An advocate accused of trying to bribe one of the alleged murderers of baby Jordan-Leigh Norton not to testify maintained on Thursday that he has ”nothing to hide”.
”At this point in time the only thing I can say is obviously that I need to speak to the bar council first,” said the advocate, Charles Simon.
”Once I have spoken to the bar council, I will speak fully to the media. I have nothing to hide.”
The Cape Bar Council is probing a claim that Simon offered the teenager — a former client — R20 000 not to testify in the Cape High Court, where he is on trial with Dina Rodrigues, Sipho Mfazwe, Mongezi Bobotyane and Zanethemba Gwada.
Simon, who represented the teenager and the other three male accused until the teenager decided to break his silence about his role in the killing, said: ”I did what I was expected to do. That’s all.”
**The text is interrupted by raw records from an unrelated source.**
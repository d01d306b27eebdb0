-- ===== src/Auth/Refresh/Renewal.antt =====
-- The refresh after a refresh.
use nyzrating.Prelude.{
  ℕ, ◌+◌, ◌*◌, ◌≤◌, ◌<◌, ◌≡◌, refl, Bool, true, false, arith, Option, none, some, [], ◌∷◌, ◌++◌,
  if◌then◌else◌, ◌==◌, sym, ap, ◌∙◌, subst, or_else, length,
}
use nyzrating.Prelude.Text.{Text, text_eq_refl, or_empty, strip}
use nyzrating.Users.{User}
use nyzrating.Auth.Tokens.{
  Payload, Claims, accepted, Jwt, Config, verify, refresh_claims, make_refresh_pair, minute,
}
use nyzrating.Auth.Sessions.{
  Session, Sessions, get_by_jti, create, fits, new_session, written, is_expired, update,
  invalidated,
}
use nyzrating.Auth.Sessions.Rows.{at_rows, at_rows-IsQuiet, written-IsQuiet, find_jti-none}
use nyzrating.Auth.Refresh.{
  RefreshResult, RefreshSuccess, refresh_success, Call, refresh, rotate, issue, check_session,
  tenant_ver, versions_match, current_ver, fingerprint_mismatch, user_of,
}
use nyzrating.Auth.Refresh.Success.{refresh-IsGranted}
use nyzrating.Auth.Refresh.Rotation.{rotate-IsRotated}
use nyzrating.Auth.Refresh.Reuse.{refresh-check_session}

-- What the JWT library promises: from its `iat` and its `nbf` to a second before its `exp`, a token
-- that it has signed is accepted under the issuer and the audience of its claims, with their
-- payload.
abbrev pub DecodesEncoded : {T : Type 0} → Jwt T → Type 0
DecodesEncoded jwt =
    (c : Claims) (now : ℕ)
    → c.iat ≤ now
    → c.nbf ≤ now
    → now + 1000000 ≤ c.exp
    → jwt.decode c.iss c.aud now (jwt.encode c) ≡ accepted c.payload

-- A hash fits its column: SHA-256 is written in 64 characters.
abbrev pub HashesFit : {T : Type 0} → Jwt T → Type 0
HashesFit {T} jwt = (token : T) → length (jwt.hash token) ≤ 255

same_device : (s : Session) (ip ua : Option Text) → s.ip ≡ ip → fingerprint_mismatch s ip ua ≡ false
unfolding fingerprint_mismatch
same_device s ip ua h =
    ground (arith, text_eq_refl (strip (or_empty ip)), ap (λ i. strip (or_empty i)) h)

update-none :
    (jti : Text) (rec : Session) (t : Sessions)
    → get_by_jti (some jti) t ≡ none
    → get_by_jti (some jti) (update (invalidated rec) t) ≡ none
unfolding get_by_jti update invalidated
update-none jti rec t free =
    let test = λ (r : Session). r.id == rec.id in
    find_jti-none (some jti) (at_rows test (written (invalidated rec)))
      (at_rows-IsQuiet test (written (invalidated rec)) (written-IsQuiet rec)) t.rows free

module _ {T : Type 0} (jwt : Jwt T) (config : Config) where
  -- A success, with the user and the setting that it carries on.
  abbrev pub Succeeds : Option User → Bool → RefreshResult T × Sessions → Type 0
  Succeeds user auto_login end =
      (r : RefreshSuccess T) × (end.0 ≡ refresh_success r)
      × (r.user ≡ user)
      × (r.auto_login ≡ auto_login)

  issue-Succeeds :
      (call : Call) (user_id : ℕ) (payload : Payload) (ver : ℕ) (token : T) (t : Sessions)
      (x : Option Sessions) (u : Sessions)
      → x ≡ some u
      → Succeeds
          (user_of call.users user_id)
          (or_else payload.al false)
          (issue jwt config call user_id payload ver token t x)
  issue-Succeeds call user_id payload ver token t none u e = cc
  issue-Succeeds call user_id payload ver token t (some v) u e = (_, refl, refl, refl)

  create_succeeds :
      (user_id : ℕ) (jti hash : Text) (exp : ℕ) (ip ua : Option Text) (t : Sessions)
      → get_by_jti (some jti) t ≡ none
      → fits jti hash ip ua ≡ true
      → (u : Sessions) × (create user_id jti hash exp ip ua t ≡ some u)
  unfolding create
  create_succeeds user_id jti hash exp ip ua t free short =
      let new = new_session t.next_id user_id jti hash exp ip ua in
      (record { rows = t.rows ++ new ∷ []; next_id = t.next_id + 1 }, rw short (rw free refl))

  -- With a fresh jti, and texts that are not too long, the rotation succeeds.
  rotate-Succeeds :
      (call : Call) (user_id : ℕ) (payload : Payload) (rec : Session) (t : Sessions)
      → get_by_jti (some call.refresh_jti) t ≡ none
      → ((token : T) → fits call.refresh_jti (jwt.hash token) call.ip call.ua ≡ true)
      → Succeeds
          (user_of call.users user_id)
          (or_else payload.al false)
          (rotate jwt config call user_id payload rec t)
  unfolding rotate make_refresh_pair
  rotate-Succeeds call user_id payload rec t free short =
      let claims =
        refresh_claims config call.now call.refresh_jti user_id (or_else payload.al false)
          (current_ver call.users user_id payload) (tenant_ver call) in
      let closed = update (invalidated rec) t in
      let (u, e) =
        create_succeeds user_id call.refresh_jti (jwt.hash (jwt.encode claims)) claims.exp call.ip
          call.ua closed (update-none call.refresh_jti rec t free) (short (jwt.encode claims)) in
      issue-Succeeds call user_id payload (current_ver call.users user_id payload)
        (jwt.encode claims) t _ u e

  session-Succeeds :
      (call : Call) (user_id : ℕ) (payload : Payload) (rec : Session) (t : Sessions)
      → rec.valid ≡ true
      → call.now < rec.expires_at
      → rec.ip ≡ call.ip
      → get_by_jti (some call.refresh_jti) t ≡ none
      → ((token : T) → fits call.refresh_jti (jwt.hash token) call.ip call.ua ≡ true)
      → Succeeds
          (user_of call.users user_id)
          (or_else payload.al false)
          (check_session jwt config call user_id payload rec t)
  unfolding check_session is_expired
  session-Succeeds call user_id payload rec t valid fresh ip free short =
      let known = same_device rec call.ip call.ua ip in
      subst (Succeeds (user_of call.users user_id) (or_else payload.al false))
        {x = rotate jwt config call user_id payload rec t}
        {y = check_session jwt config call user_id payload rec t} (ground (arith, known))
        (rotate-Succeeds call user_id payload rec t free short)

  same_versions :
      (users : Option (ℕ → Option User)) (user_id : ℕ) (old new : Payload) (tenant : ℕ)
      → new.user_ver ≡ some (current_ver users user_id old)
      → new.tenant_ver ≡ some tenant
      → versions_match users user_id new tenant ≡ true
  same_versions none user_id old new tenant p q = refl
  same_versions (some get) user_id old new tenant p q = rw (p, q) ground arith

  texts_fit :
      HashesFit jwt
      → (jti hash : Text) (ip ip' ua ua' : Option Text) (token : T) (old : Text)
      → fits old hash ip' ua' ≡ true
      → ip ≡ ip'
      → length jti ≤ 128
      → length (or_empty ua) ≤ 255
      → fits jti (jwt.hash token) ip ua ≡ true
  unfolding fits
  texts_fit hashes jti hash ip ip' ua ua' token old short same h k =
      ground (arith, hashes token, ap (λ i. length (or_empty i)) same)

  -- The refresh token of a successful refresh works in its turn, up to a second before it
  -- expires, from the same address, while the user repository and the version of the tenant are
  -- as they were, the new session is untouched, the next jti is fresh and has at most 128
  -- characters, and the user agent has at most 255; the JWT library is assumed to accept what it
  -- has signed, and a hash to fit its column.
  pub refresh_renews :
      DecodesEncoded jwt
      → HashesFit jwt
      → (call later : Call) (token : T) (t u v : Sessions) (r : RefreshSuccess T)
      → refresh jwt config call token t ≡ (refresh_success r, u)
      → get_by_jti (some call.refresh_jti) v ≡ get_by_jti (some call.refresh_jti) u
      → get_by_jti (some later.refresh_jti) v ≡ none
      → length later.refresh_jti ≤ 128
      → length (or_empty later.ua) ≤ 255
      → later.users ≡ call.users
      → later.tenant_version ≡ call.tenant_version
      → later.ip ≡ call.ip
      → call.now ≤ later.now
      → later.now + 1000000
        ≤ call.now
          + (if r.auto_login then config.refresh_exp else config.refresh_session_exp) * minute
      → Succeeds r.user r.auto_login (refresh jwt config later r.refresh_token v)
  unfolding refresh_claims verify new_session
  refresh_renews decodes hashes call later token t u v r h untouched free id_fits ua_fits users
        tenant ip since until =
      let g = refresh-IsGranted jwt config call token t u r h in
      let rot =
        rotate-IsRotated jwt config call g.user_id g.payload g.rec t u r g.has_session
          g.is_rotated in
      let login = or_else g.payload.al false in
      let ver = current_ver call.users g.user_id g.payload in
      let claims =
        refresh_claims config call.now call.refresh_jti g.user_id login ver (tenant_ver call) in
      let new =
        new_session rot.new_id g.user_id call.refresh_jti (jwt.hash r.refresh_token) claims.exp
          call.ip call.ua in
      let in_time : later.now + 1000000 ≤ claims.exp =
        subst
          (λ b.
            later.now + 1000000
            ≤ call.now + (if b then config.refresh_exp else config.refresh_session_exp) * minute)
          rot.has_login until in
      let accepts : verify jwt config later.now r.refresh_token ≡ accepted claims.payload =
        ap (jwt.decode config.issuer config.audience later.now) rot.is_encoded
        ∙ decodes claims later.now since since in_time in
      let versions : versions_match later.users g.user_id claims.payload (tenant_ver later) ≡ true =
        same_versions later.users g.user_id g.payload claims.payload (tenant_ver later)
          (ap (λ get. some (current_ver get g.user_id g.payload)) (sym users))
          (ap (λ n. some (or_else n 0)) (sym tenant)) in
      let short : (x : T) → fits later.refresh_jti (jwt.hash x) later.ip later.ua ≡ true = λ x.
        texts_fit hashes later.refresh_jti (jwt.hash r.refresh_token) later.ip call.ip later.ua
          call.ua x call.refresh_jti rot.is_short ip id_fits ua_fits in
      let checked =
        refresh-check_session jwt config later r.refresh_token v claims.payload g.user_id new
          accepts refl refl versions (untouched ∙ rot.is_open) in
      let done =
        session-Succeeds later g.user_id claims.payload new v refl (omega (arith, in_time)) (sym ip)
          free short in
      let same_user : user_of later.users g.user_id ≡ r.user =
        ap (λ get. user_of get g.user_id) users ∙ sym rot.has_user in
      subst (Succeeds r.user r.auto_login) (sym checked) (
        subst
          (λ user.
            Succeeds user r.auto_login
              (check_session jwt config later g.user_id claims.payload new v))
          same_user
          (subst
            (λ b.
              Succeeds (user_of later.users g.user_id) b
                (check_session jwt config later g.user_id claims.payload new v))
            (sym rot.has_login) done))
All the other accused have chosen not to testify.
The youth, led by his new counsel Caryl Verrier, told the court on Wednesday that Simon offered him the money and said he would arrange for Rodrigues’s attorney Tommy Vavatzanidis to find the cash.
However, he never received the money.
The youth, who may not be named because of his age, told the court earlier that he, Mfazwe, Bobotyane and Gwada were hired by Rodrigues to kill six-month-old Norton.
He described how they went to the baby’s home in Lansdowne, and explained that although he was instructed to kill the child, it was Bobotyane who eventually stabbed her.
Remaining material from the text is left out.